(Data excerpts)
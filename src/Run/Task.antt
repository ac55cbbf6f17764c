-- ===== src/Run/Task.antt =====
-- kernel/main.c: `sam_run_task` up to the point where the task enters ring 3.
use samos.Base.{
  ℕ, ◌-◌, ◌⊎◌, if-cases, ◌+◌, ◌*◌, ◌<◌, ◌≤◌, ◌≡◌, ◌≢◌, inl, inr, refl, sym, ap, ◌∙◌, arith, true,
  false, Bool-cases, ◌==◌, if◌then◌else◌, List, [], ◌++◌, length, length-set, set, get_or-set_self,
  Memory,
}
use mathlib.Core.Path.{subst}
use samos.Serial.{codes, serial_puts, serial_puthex, serial_putdec}
use samos.Vfs.{VfsFile, VfsFileHandle, vfs_open}
use samos.Elf.{
  LoadResult, loaded, bad_image, no_segments, outside_region, truncated, out_of_fuel, elf_load,
  elf_load_in, user_stack_top, user_code_base,
}
use samos.Vmm.{Vmm, vmm_create_user_as}
use samos.Tasks.{Kernel, Tcb, task, zero_tcb, sam_task_mark_start, initial_frame, end_none}
use samos.Tasks.Invariant.{IsReady}
use samos.Args.{sam_build_args}
use samos.Args.Stack.{IsStack, sam_build_args-IsStack}
use samos.Args.Strings.{total}
use samos.Run.Staged.{OffStage, OffWindow, Sound, Fits, read_opened-Fits, loaded-off}
use samos.Run.{
  Machine, say, stage, put_stage, Image, not_found, unreadable, bytes, read_opened, error_number,
  Start, gives_up, enters,
}

-- The messages.
abbrev absent_text : List ℕ → List ℕ
absent_text name =
    serial_puts (codes "     [FAIL] ")
    ++ (serial_puts name ++ serial_puts (codes " not found in initrd\n"))

abbrev unreadable_text : ℕ → List ℕ
unreadable_text got =
    serial_puts (codes "     [FAIL] vfs_read returned ")
    ++ (serial_putdec got ++ serial_puts (codes "\n"))

abbrev staged_text : List ℕ → ℕ → List ℕ
staged_text name got =
    serial_puts (codes "     [OK] ")
    ++ (serial_puts name
        ++ (serial_puts (codes " staged (")
            ++ (serial_putdec got ++ serial_puts (codes " bytes)\n"))))

abbrev error_text : LoadResult → List ℕ
error_text r =
    serial_puts (codes "     [FAIL] elf_load error: ")
    ++ (serial_putdec (error_number r) ++ serial_puts (codes "\n"))

abbrev entry_text : ℕ → List ℕ
entry_text entry =
    serial_puts (codes "     [OK] Sprint 19: ELF64 loaded, entry=")
    ++ (serial_puthex entry ++ serial_puts (codes "\n"))

abbrev ready_text : ℕ → List ℕ
ready_text argc =
    serial_puts (codes "     [OK] Sprint 17: user address space built\n")
    ++ ((if argc == 0
          then []
          else serial_puts (codes "     [OK] Sprint 22: argv placed on user stack\n"))
        ++ serial_puts (codes "     Entering ring 3...\n"))

-- The task as the only resident one.
abbrev register_only : Kernel → ℕ → ℕ → Kernel
register_only k entry cr3 = record k {
  entry = set k.entry 0 entry;
  stktop = set k.stktop 0 user_stack_top;
  tasks = set k.tasks 0 (record (task k 0) { cr3 = cr3; started = false });
  ntasks = 1;
  cur = 0;
  end_reason = end_none;
  quantum = 0;
}

-- The kernel with the task registered and marked as started.
module _ (k : Kernel) (entry cr3 : ℕ) (two : length k.tasks ≡ 2) where
  abbrev only : Kernel
  only = register_only k entry cr3

  abbrev fresh : Tcb
  fresh = record (task k 0) { cr3 = cr3; started = false }

  abbrev running : Tcb
  running = record (task only 0) { frame = initial_frame only 0; started = true }

  abbrev marked : Kernel
  marked = record only { tasks = set only.tasks 0 running }

  task-fresh : task only 0 ≡ fresh
  task-fresh = get_or-set_self k.tasks 0 fresh zero_tcb (omega arith)

  only-marked : sam_task_mark_start only 0 ≡ marked
  unfolding sam_task_mark_start
  only-marked = ap (λ (c : Tcb). if c.started then only else marked) task-fresh

  slots : length only.tasks ≡ 2
  slots = length-set k.tasks 0 fresh ∙ two

  marked-IsReady : IsReady marked × (marked.ntasks ≡ 1) × ((task marked 0).cr3 ≡ cr3)
  marked-IsReady = (
    record {
      slots = length-set only.tasks 0 running ∙ slots;
      some_task = omega arith;
      two_tasks = omega arith;
      current = omega arith;
      in_slice = omega arith;
    },
    refl,
    ap (λ (c : Tcb). c.cr3) (get_or-set_self only.tasks 0 running zero_tcb (omega (arith, slots)))
        ∙ ap (λ (c : Tcb). c.cr3) task-fresh,
  )

  only-IsReady :
      let after = sam_task_mark_start only 0 in
      IsReady after × (after.ntasks ≡ 1) × ((task after 0).cr3 ≡ cr3)
  only-IsReady =
      subst (λ q. IsReady q × (q.ntasks ≡ 1) × ((task q 0).cr3 ≡ cr3)) (sym only-marked)
        marked-IsReady

-- A start with its arguments: the task table is well-formed, and the stack at the entry's stack
-- pointer is that of the arguments, over a memory `under`.
pub IsEntered : List (List ℕ) → Machine → Start → Type 0
IsEntered argv h gives_up = Unit
IsEntered argv h (enters rip rsp cr3) =
    IsReady h.kernel
    × (h.kernel.ntasks ≡ 1)
    × ((task h.kernel 0).cr3 ≡ cr3)
    × (cr3 ≢ 0)
    × ((under : Memory) × IsStack under user_stack_top argv h.mem rsp)

module _ (pdpt_table : ℕ) (archive : Memory) (files : List VfsFile) (handle : VfsFileHandle)
    (name : List ℕ) (argv : List (List ℕ)) where
  -- The steps from the last one back to the first; `gives_up` is `return -1`.
  pub enter_space : Machine → ℕ → Vmm × ℕ → Machine × Start
  enter_space h entry (v, cr3) =
      if cr3 == 0
      then (
        say (record h { vmm = v })
            (serial_puts (codes "     [FAIL] vmm_create_user_as: out of page-table pages\n")),
        gives_up,
      )
      else let built = sam_build_args h.mem user_stack_top argv in
        let told = say (record h { vmm = v; mem = built.0 }) (ready_text (length argv)) in
        (
          record told { kernel = sam_task_mark_start (register_only told.kernel entry cr3) 0 },
          enters entry built.1 cr3,
        )

  pub enter_image : Machine → LoadResult → Machine × Start
  enter_image h (loaded entry) =
      let told = say h (entry_text entry) in
      enter_space told entry (vmm_create_user_as pdpt_table told.vmm)
  enter_image h r = (say h (error_text r), gives_up)

  pub enter_file : Machine → Image → Machine × Start
  enter_file h not_found = (say h (absent_text name), gives_up)
  enter_file h (unreadable got) = (say h (unreadable_text got), gives_up)
  enter_file h (bytes bs) =
      let told = say h (staged_text name (length bs)) in
      let l = elf_load (put_stage h.mem bs) stage (length bs) in
      enter_image (record told { mem = l.0 }) l.1

  pub sam_run_task : Machine → Machine × Start
  sam_run_task h = enter_file h (read_opened archive files (vfs_open files name handle))

  module _ (some_args : 0 < length argv) (few : length argv ≤ 8)
      (room : total argv + 8 * length argv + 31 ≤ user_stack_top - user_code_base) where
    enter_space-IsEntered :
        (h : Machine) (entry : ℕ) (r : Vmm × ℕ)
        → length h.kernel.tasks ≡ 2
        → IsEntered argv (enter_space h entry r).0 (enter_space h entry r).1
    unfolding enter_space IsEntered
    enter_space-IsEntered h entry (v, cr3) two = elim (Bool-cases (cr3 == 0)) [
      | inl z ↦ rw z tt
      | inr nz ↦
          let told =
            say (record h { vmm = v; mem = (sam_build_args h.mem user_stack_top argv).0 })
              (ready_text (length argv)) in
          let r = only-IsReady told.kernel entry cr3 two in
          rw nz (
            r.0,
            r.1,
            r.2,
            (λ z. different (sym nz ∙ ap (λ n. n == 0) z)),
            (
              h.mem,
              sam_build_args-IsStack h.mem user_stack_top argv some_args few (omega arith)
                  (omega arith),
            ),
          )
    ]
      where
        different : false ≡ true → ⊥
        different q = ground arith

    enter_image-IsEntered :
        (h : Machine) (r : LoadResult)
        → length h.kernel.tasks ≡ 2
        → IsEntered argv (enter_image h r).0 (enter_image h r).1
    unfolding enter_image IsEntered
    enter_image-IsEntered h (loaded entry) two =
        enter_space-IsEntered (say h (entry_text entry)) entry
          (vmm_create_user_as pdpt_table (say h (entry_text entry)).vmm) two
    enter_image-IsEntered h bad_image two = tt
    enter_image-IsEntered h no_segments two = tt
    enter_image-IsEntered h outside_region two = tt
    enter_image-IsEntered h truncated two = tt
    enter_image-IsEntered h out_of_fuel two = tt

    enter_file-IsEntered :
        (h : Machine) (i : Image)
        → length h.kernel.tasks ≡ 2
        → IsEntered argv (enter_file h i).0 (enter_file h i).1
    unfolding enter_file IsEntered
    enter_file-IsEntered h not_found two = tt
    enter_file-IsEntered h (unreadable got) two = tt
    enter_file-IsEntered h (bytes bs) two =
        enter_image-IsEntered
          (record (say h (staged_text name (length bs))) {
            mem = (elf_load (put_stage h.mem bs) stage (length bs)).0;
          })
          (elf_load (put_stage h.mem bs) stage (length bs)).1 two

    abbrev OffTask : ℕ → Type 0
    OffTask x = OffStage x × OffWindow user_code_base user_stack_top x

    -- The steps change memory only in the staging buffer and in the window.
    enter_space-off :
        (h : Machine) (entry : ℕ) (r : Vmm × ℕ) (x : ℕ)
        → OffWindow user_code_base user_stack_top x
        → (enter_space h entry r).0.mem x ≡ h.mem x
    unfolding enter_space
    enter_space-off h entry (v, cr3) x w =
        let st =
          sam_build_args-IsStack h.mem user_stack_top argv some_args few (omega arith)
            (omega arith) in
        if-cases (λ (q : Machine × Start). q.0.mem x ≡ h.mem x) (cr3 == 0) (λ e. refl)
          (λ e. st.outside x (below st.low w))
      where
        below :
            {rsp : ℕ}
            → user_stack_top ≤ rsp + total argv + 8 * length argv + 31
            → OffWindow user_code_base user_stack_top x
            → (x < rsp) ⊎ (user_stack_top ≤ x)
        below l w = omega arith

    enter_image-off :
        (h : Machine) (r : LoadResult) (x : ℕ)
        → OffWindow user_code_base user_stack_top x
        → (enter_image h r).0.mem x ≡ h.mem x
    unfolding enter_image
    enter_image-off h (loaded entry) x w =
        let told = say h (entry_text entry) in
        enter_space-off told entry (vmm_create_user_as pdpt_table told.vmm) x w
    enter_image-off h bad_image x w = refl
    enter_image-off h no_segments x w = refl
    enter_image-off h outside_region x w = refl
    enter_image-off h truncated x w = refl
    enter_image-off h out_of_fuel x w = refl

    enter_file-off :
        (h : Machine) (i : Image) (x : ℕ)
        → Sound i
        → Fits i
        → OffTask x
        → (enter_file h i).0.mem x ≡ h.mem x
    unfolding enter_file elf_load
    enter_file-off h not_found x s f o = refl
    enter_file-off h (unreadable got) x s f o = refl
    enter_file-off h (bytes bs) x s f o =
        let l = elf_load_in stage (length bs) user_code_base user_stack_top (put_stage h.mem bs) in
        enter_image-off (record (say h (staged_text name (length bs))) { mem = l.0 }) l.1 x o.1
        ∙ loaded-off h.mem bs user_code_base user_stack_top (omega arith) s f x o.0 o.1

    -- Let the named file, if there is one, be an executable whose header and program headers lie in
    -- it, where no sum in a program header wraps and no file part is longer than its memory part.
    -- Then `sam_run_task` with one to eight arguments changes memory only in the staging buffer and
    -- in the user's window, and either gives up or enters ring 3 with a well-formed table whose only
    -- task has the address space that is entered, and with a stack pointer at which the arguments
    -- lie as a program expects them. The arguments have room in the window, and the table has two
    -- slots.
    pub sam_run_task-IsEntered :
        (h : Machine)
        → Sound (read_opened archive files (vfs_open files name handle))
        → length h.kernel.tasks ≡ 2
        → IsEntered argv (sam_run_task h).0 (sam_run_task h).1
          × ((x : ℕ)
              → OffStage x
              → OffWindow user_code_base user_stack_top x
              → (sam_run_task h).0.mem x ≡ h.mem x)
    unfolding sam_run_task
    sam_run_task-IsEntered h sound two =
        let opened = vfs_open files name handle in
        let image = read_opened archive files opened in
        (
          enter_file-IsEntered h image two,
          λ x o w. enter_file-off h image x sound (read_opened-Fits archive files opened) (o, w),
        )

PROBLEM REQUIREMENTS -
The required answer is each line of the data in which the word "well" appears.

WRITTEN RESPONSE -
-- A start with its arguments: the task table is well-formed, and the stack at the entry's stack
    -- in the user's window, and either gives up or enters ring 3 with a well-formed table whose only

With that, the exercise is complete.